What to produce: Locate every line in the records below that contains the word "refl", and copy each one.

Records for this exercise:
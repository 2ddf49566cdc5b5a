-- ===== src/Bytes.antt =====
-- Fixed-width unsigned integers and byte slices: `to_le_bytes`, `from_le_bytes`,
-- `copy_from_slice` into a sub-range, sub-slices, `try_into` an array.
-- A byte is a number below 256, a slice is a list of them.
use native.Mathlib.Nat.{pow-suc}
use iog.Prelude.{
  ℕ, zero, suc, ◌+◌, ◌-◌, ◌*◌, ◌/◌, ◌%◌, ◌^◌, ◌<◌, ◌≡◌, refl, ap, Option, none, some, List, [], ◌∷◌,
  arith, if◌then◌else◌, ◌==◌, length, take, drop, All,
}

abbrev pub IsByte : ℕ → Type 0
IsByte b = b < 256

-- `x as u16` and `u64` additions, which wrap in the release profile.
abbrev pub as_u16 : ℕ → ℕ
as_u16 n = n % 2 ^ 16

unfoldable pub add_u64 : ℕ → ℕ → ℕ
add_u64 a b = (a + b) % 2 ^ 64

-- The width in bytes comes first.
unfoldable pub to_le_bytes : ℕ → ℕ → List ℕ
to_le_bytes zero v = []
to_le_bytes (suc k) v = (v % 256) ∷ to_le_bytes k (v / 256)

unfoldable pub from_le_bytes : List ℕ → ℕ
from_le_bytes [] = 0
from_le_bytes (b ∷ bs) = b + 256 * from_le_bytes bs

-- `dst[at..at + src.len()].copy_from_slice(src)`, for a range inside `dst`.
unfoldable pub copy_at : ℕ → List ℕ → List ℕ → List ℕ
copy_at zero [] dst = dst
copy_at zero (b ∷ src) [] = []
copy_at zero (b ∷ src) (d ∷ dst) = b ∷ copy_at zero src dst
copy_at (suc i) src [] = []
copy_at (suc i) src (d ∷ dst) = d ∷ copy_at i src dst

-- `xs[lo..hi]`, for a range inside `xs`.
unfoldable pub slice : ℕ → ℕ → List ℕ → List ℕ
slice lo hi xs = take (hi - lo) (drop lo xs)

-- `xs.try_into().ok()` at `[u8; n]`.
unfoldable pub to_array : ℕ → List ℕ → Option (List ℕ)
to_array n xs = if length xs == n then some xs else none

pub from_le_bytes-to_le_bytes : (k v : ℕ) → v < 256 ^ k → from_le_bytes (to_le_bytes k v) ≡ v
unfolding from_le_bytes to_le_bytes
from_le_bytes-to_le_bytes zero v h = omega arith
from_le_bytes-to_le_bytes (suc k) v h =
    omega (arith, from_le_bytes-to_le_bytes k (v / 256) (below k v h))
  where
    below : (k v : ℕ) → v < 256 ^ suc k → v / 256 < 256 ^ k
    below k v h = omega arith

pub to_le_bytes-from_le_bytes :
    (bs : List ℕ) → All IsByte bs → to_le_bytes (length bs) (from_le_bytes bs) ≡ bs
unfolding from_le_bytes to_le_bytes
to_le_bytes-from_le_bytes [] h = refl
to_le_bytes-from_le_bytes (b ∷ bs) h =
    let low : (b + 256 * from_le_bytes bs) % 256 ≡ b = omega arith in
    let high : (b + 256 * from_le_bytes bs) / 256 ≡ from_le_bytes bs = omega arith in
    ground (arith, low, high, to_le_bytes-from_le_bytes bs h.1)

pub length-to_le_bytes : (k v : ℕ) → length (to_le_bytes k v) ≡ k
unfolding to_le_bytes
length-to_le_bytes zero v = refl
length-to_le_bytes (suc k) v = ap suc (length-to_le_bytes k (v / 256))

pub to_le_bytes-IsByte : (k v : ℕ) → All IsByte (to_le_bytes k v)
unfolding to_le_bytes
to_le_bytes-IsByte zero v = tt
to_le_bytes-IsByte (suc k) v = (omega arith, to_le_bytes-IsByte k (v / 256))

pub from_le_bytes-lt : (bs : List ℕ) → All IsByte bs → from_le_bytes bs < 256 ^ length bs
unfolding from_le_bytes
from_le_bytes-lt [] h = omega arith
from_le_bytes-lt (b ∷ bs) h = omega (arith, pow-suc 256 (length bs), from_le_bytes-lt bs h.1)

Task output:
  ℕ, zero, suc, ◌+◌, ◌-◌, ◌*◌, ◌/◌, ◌%◌, ◌^◌, ◌<◌, ◌≡◌, refl, ap, Option, none, some, List, [], ◌∷◌,
to_le_bytes-from_le_bytes [] h = refl
length-to_le_bytes zero v = refl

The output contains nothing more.